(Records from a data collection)

"""

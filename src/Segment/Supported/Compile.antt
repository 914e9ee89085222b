-- ===== src/Segment/Supported/Compile.antt =====
-- packages/segment-dsl/src/index.ts: when `compile` returns.
use Prim.Native.String.{String}
use text.Mathlib.Text.{◌==◌ as str_eq}
use nudgeon_platform.Common.{
  ◌≡◌, refl, ap, ◌∙◌, not, ◌&&◌, List, [], ◌∷◌, ◌==◌, all, Result, ok, err, Bool-cases, inl, inr,
}
use nudgeon_platform.Segment.{
  Number, Value, LogicalOp, and, or, Category, Condition, attribute, event, channel, device,
  unknown, SegmentGroup, SegmentDsl, CompileError,
}
use nudgeon_platform.Segment.Channel.{compile_channel}
use nudgeon_platform.Segment.Event.{compile_event}
use nudgeon_platform.Segment.Compile.{
  separator, compile_condition, compile_conditions, compile_parts, compile_checked, compile_group,
  compile_groups, where_groups, compile_where, compile_joined, finish, compile,
}
use nudgeon_platform.Segment.Supported.{
  is_ok, is_known, event_fits, is_empty, is_supported, is_supported_group, is_supported_dsl,
}
use nudgeon_platform.Segment.Supported.Attribute.{compile_attribute-Verdict, and_true, at, guarded}
use nudgeon_platform.Segment.Supported.Reach.{
  compile_channel_op-Verdict, compile_device-Verdict, compile_event_op-Verdict,
}
use nudgeon_platform.Segment.Supported.Verdicts.{
  Verdict, Verdict-pure, Verdict-throw, Verdict-add, if-Verdict, Verdict-bind,
}

module _ (number_text : Number → String) (tenant_id app_id : String) (category : Category) where
  compile_condition-Verdict :
      (c : Condition)
      → Verdict
          (is_supported number_text c)
          (compile_condition number_text tenant_id app_id category c)
  unfolding compile_condition compile_channel compile_event
  compile_condition-Verdict (attribute c) = compile_attribute-Verdict number_text c
  compile_condition-Verdict (channel c) =
      compile_channel_op-Verdict number_text c.op c.value category
  compile_condition-Verdict (device c) = compile_device-Verdict c
  compile_condition-Verdict (event c) =
      at (guarded (str_eq c.event "") (event_fits c.op c.value c.window_days)) (
        if-Verdict (str_eq c.event "") (Verdict-throw _)
          (compile_event_op-Verdict tenant_id app_id c.op c))
  compile_condition-Verdict unknown = Verdict-throw _

  compile_conditions-Verdict :
      (cs : List Condition)
      → Verdict
          (all (is_supported number_text) cs)
          (compile_conditions number_text tenant_id app_id category cs)
  unfolding compile_conditions
  compile_conditions-Verdict [] = Verdict-pure _
  compile_conditions-Verdict (c ∷ cs) =
      at (ap (λ x. is_supported number_text c && x) (and_true _)) (
        Verdict-bind (compile_condition-Verdict c)
          λ part. Verdict-bind (compile_conditions-Verdict cs) λ parts. Verdict-pure _)

  compile_parts-Verdict :
      (between : String) (cs : List Condition)
      → Verdict
          (not (is_empty cs) && all (is_supported number_text) cs)
          (compile_parts number_text tenant_id app_id category between cs)
  unfolding compile_parts
  compile_parts-Verdict between [] = Verdict-throw _
  compile_parts-Verdict between (c ∷ cs) =
      at (and_true _) (Verdict-bind (compile_conditions-Verdict (c ∷ cs)) λ parts. Verdict-pure _)

  compile_checked-Verdict :
      (op : LogicalOp) (cs : List Condition)
      → Verdict
          (is_known op && not (is_empty cs) && all (is_supported number_text) cs)
          (compile_checked number_text tenant_id app_id category (separator op) cs)
  unfolding compile_checked
  compile_checked-Verdict and cs = compile_parts-Verdict " AND " cs
  compile_checked-Verdict or cs = compile_parts-Verdict " OR " cs
  compile_checked-Verdict LogicalOp.other cs = Verdict-throw _

  compile_groups-Verdict :
      (gs : List SegmentGroup)
      → Verdict
          (all (is_supported_group number_text) gs)
          (compile_groups number_text tenant_id app_id category gs)
  unfolding compile_groups compile_group
  compile_groups-Verdict [] = Verdict-pure _
  compile_groups-Verdict (g ∷ gs) =
      at (ap (λ x. is_supported_group number_text g && x) (and_true _)) (
        Verdict-bind (compile_checked-Verdict g.operator g.conditions)
          λ part. Verdict-bind (compile_groups-Verdict gs) λ parts. Verdict-pure _)

  where_groups-Verdict :
      (between : String) (gs : List SegmentGroup)
      → Verdict
          (all (is_supported_group number_text) gs)
          (where_groups number_text tenant_id app_id category between gs)
  unfolding where_groups
  where_groups-Verdict between [] = Verdict-pure _
  where_groups-Verdict between (g ∷ gs) =
      at (and_true _) (Verdict-bind (compile_groups-Verdict (g ∷ gs)) λ groups. Verdict-pure _)

  compile_where-Verdict :
      (between : String) (gs : List SegmentGroup)
      → Verdict
          (all (is_supported_group number_text) gs)
          (compile_where number_text tenant_id app_id category between gs)
  unfolding compile_where
  compile_where-Verdict between gs = at (and_true _) (
      Verdict-bind (Verdict-add _) λ t.
        Verdict-bind (Verdict-add _)
          λ a. Verdict-bind (where_groups-Verdict between gs) λ more. Verdict-pure _)

  is_ok-finish : (r : Result CompileError (String × List Value)) → is_ok (finish r) ≡ is_ok r
  unfolding finish
  is_ok-finish (ok (sql, args)) = refl
  is_ok-finish (err e) = refl

  is_ok-joined :
      (op : LogicalOp) (gs : List SegmentGroup)
      → is_ok (compile_joined number_text tenant_id app_id category (separator op) gs)
        ≡ is_known op && all (is_supported_group number_text) gs
  unfolding compile_joined
  is_ok-joined and gs = is_ok-finish _ ∙ (compile_where-Verdict " AND " gs).verdict []
  is_ok-joined or gs = is_ok-finish _ ∙ (compile_where-Verdict " OR " gs).verdict []
  is_ok-joined LogicalOp.other gs = refl

  -- `compile` returns exactly on the definitions that `is_supported_dsl` describes, whatever the
  -- tenant, the app and the category; on all others it throws.
  pub is_ok-compile :
      (dsl : SegmentDsl)
      → is_ok (compile number_text tenant_id app_id category dsl) ≡ is_supported_dsl number_text dsl
  unfolding compile
  is_ok-compile dsl = elim (Bool-cases (dsl.version == 1)) [
    | inl same ↦ rw same (is_ok-joined dsl.operator dsl.groups)
    | inr other ↦ rw other refl
  ]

"""

● **What the exercise asks**: From the entries above, give again exactly the lines running from the line with "compile_groups-Verdict [] = Verdict-pure _" to the line with "where_groups-Verdict between (g"; include both of those lines.

● **Solution to the exercise**:
  compile_groups-Verdict [] = Verdict-pure _
  compile_groups-Verdict (g ∷ gs) =
      at (ap (λ x. is_supported_group number_text g && x) (and_true _)) (
        Verdict-bind (compile_checked-Verdict g.operator g.conditions)
          λ part. Verdict-bind (compile_groups-Verdict gs) λ parts. Verdict-pure _)

  where_groups-Verdict :
      (between : String) (gs : List SegmentGroup)
      → Verdict
          (all (is_supported_group number_text) gs)
          (where_groups number_text tenant_id app_id category between gs)
  unfolding where_groups
  where_groups-Verdict between [] = Verdict-pure _
  where_groups-Verdict between (g ∷ gs) =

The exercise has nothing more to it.